When all of the file sub-layers are created, each configuration file **is executed** and each file's global
namespace is searched for the `PORT` directive (still preserving the order). If found, the directive is returned
as is (without conversion).

The default layer is searched as a last resort. As it contains values from directives' `init`, there is always a
default value (unless a search for non-initialized directive is performed). The default value is returned as is.

## Directive initialization

Directive is initialized using `init` method.
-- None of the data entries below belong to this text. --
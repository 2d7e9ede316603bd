-- ===== src/Subsystem/Slots.antt =====
-- The slots of the children and their portals: nre/include/subsystem/ChildManager.h, and `load` and
-- `destroy_child` of nre/libs/libstdc++/subsystem/ChildManager.cc. A child that is destroyed is freed
-- later by RCU; a reader that has its pointer is not modelled.
pub mod Portals
pub mod Destroyed
mod Tests
use nre.Base.{
  ℕ, zero, suc, ◌+◌, ◌*◌, ◌/◌, ◌%◌, Bool, true, false, not, Option, none, some, List, [], ◌∷◌,
  get_elem?, set, ◌==◌, if◌then◌else◌, sub64, sub32, add64, u32_mod, ◌^◌,
}
use nre.Math.{next_pow2}
use nre.Registry.{Service, remove, notify_services}
use nre.Subsystem.{ChildState}

abbrev pub max_childs : ℕ
max_childs = 32

-- `service_caps` is that of the kernel's information page, `cpus` is `CPU::count()`.
pub record ChildManager : Type 0 where
  pub service_caps : ℕ
  pub cpus : ℕ
  pub child_count : ℕ
  pub childs : List (Option ChildState)
  pub portal_caps : ℕ
  pub registry : List Service
  pub diesm : ℕ

free_from : List (Option ChildState) → ℕ → Option ℕ
free_from [] i = none
free_from (c ∷ childs) i =
    let rest = free_from childs (suc i) in elim c [ none ↦ some i | some _ ↦ rest ]

-- `none` is the exception E_CAPACITY.
unfoldable pub free_slot : ChildManager → Option ℕ
unfolding free_from
free_slot cm = free_from cm.childs 0

pub per_child_caps : ChildManager → ℕ
per_child_caps cm = next_pow2 (cm.service_caps * cm.cpus)

-- A selector is 32-bit, and so is its distance from the first one. The index of the child of a portal, and of the child with an id, which is its first portal.
pub index_of : ChildManager → ℕ → ℕ
unfolding per_child_caps
index_of cm pid = sub32 pid cm.portal_caps / per_child_caps cm

-- A child, none in the slot, or an index outside the array.
pub data Found : Type 0 where
  child : ChildState → Found
  missing : Found
  outside : Found

pub get_at : ChildManager → ℕ → Found
get_at cm i = elim (get_elem? cm.childs i) [
  | none ↦ outside
  | some c ↦ elim c [ none ↦ missing | some ch ↦ child ch ]
]

pub get_child : ChildManager → ℕ → Found
unfolding index_of get_at
get_child cm id = get_at cm (index_of cm id)

pub get_cpu : ChildManager → ℕ → ℕ
unfolding per_child_caps
get_cpu cm pid = sub32 pid cm.portal_caps % per_child_caps cm / cm.service_caps % 2 ^ 8

pub get_vector : ChildManager → ℕ → ℕ
get_vector cm pid = sub32 pid cm.portal_caps % cm.service_caps

-- The selector of a child's portal on a processor, as `load` makes it: `pts` and the selector are
-- 32-bit, what is between them is a `size_t`.
pub portal_of : ChildManager → ℕ → ℕ → ℕ → ℕ
unfolding per_child_caps
portal_of cm i cpu vector =
    let pts = add64 cm.portal_caps (i * per_child_caps cm) % u32_mod in
    let off = cpu * cm.service_caps % u32_mod in add64 (add64 pts off) vector % u32_mod

-- `destroy_child`, and `kill`; `none` is what is not defined.
pub destroy_child : ChildManager → ℕ → Option ChildManager
unfolding index_of
destroy_child cm pid = elim (get_elem? cm.childs (index_of cm pid)) [
  | none ↦ none
  | some c ↦ elim c [
    | none ↦ some cm
    | some _ ↦ elim (remove cm.registry (some (index_of cm pid))) [
      | none ↦ none
      | some srvs ↦ some (record cm {
        childs = set cm.childs (index_of cm pid) none;
        registry = notify_services srvs;
        child_count = sub64 cm.child_count 1;
        diesm = cm.diesm + 1;
      })
    ]
  ]
]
It takes directive name, converter function (see bellow) and
a default value (which is `None` by default). It is recommended to name directives using upper-case only.
**Any directive you want to use must be initialized,** otherwise it is ignored (unknown env variables, unknown
directives in configuration files, etc.).

This means that once you initialize a directive you can safely use it without `KeyError`s or without calling
`c.get('PORT', 'default')`. There will always be at least the default value.

## Converters

Converters are arbitrary callables taking single `str` argument and returning anything. The converter is called
only for conversion from env variable. There are some predefined converters available in `llconfig.converters`,
but it is easy to create own. For example:

```python
from llconfig import Config
from llconfig.converters import json, bool_like
from pathlib import Path

c = Config()
c.init('PORT', int)  # "443" => 443
c.init('HOSTNAME', str)  # "localhost" => "localhost"
c.init('DEBUG', bool_like)  # "off" => False
c.init('DEBUG_2', bool)  # BEWARE: "0" => True 
c.init('FLEXIBLE', json)  # '{"hello": 1}' => {"hello": 1}
c.init('PICTURES', lambda raw: [Path(p) for p in raw.split(':')])  # "a.jpg:b.jpg" => [Path("a.jpg"), Path("b.jpg")]
```

Any exception raised during conversion is re-raised as a `ValueError`.

## Getting the values out

The `Config` object implements a mapping protocol, so you can use it as if it was a `dict`. In addition, there is a
`get_namespace` method [taken from Flask framework](http://flask.pocoo.org/docs/1.0/api/#flask.Config.get_namespace)
with exact same behavior (see their docs for more examples).

```python
from llconfig import Config

c = Config()
c.init('DB_HOST', str, 'localhost')
c.init('DB_PORT', int, 3306)
c.init('DB_USER', str)

c['DB_HOST']  # => 'localhost'
c['DB_USER']  # => None

c.get_namespace('DB_')  # => {'host': 'localhost', 'port': 3306, 'user': None}
c['DB_':]  # syntactic sugar - does the same as `c.get_namespace('DB_')`

dict(c)  # => {'DB_HOST': 'localhost', 'DB_PORT': 3306, 'DB_USER': None}
```

## Security

**In short: do not use this library in untrusted environment,** unless you completely understand how it works and
what possible attack vectors are. The main concern is that each file forming the file layer is executed. There
is also a possibility to load files using `config_files_env_var` environment variable (`APP_CONFIG` by default),
unless disabled. On top of that, you can compromise your application using badly written converter.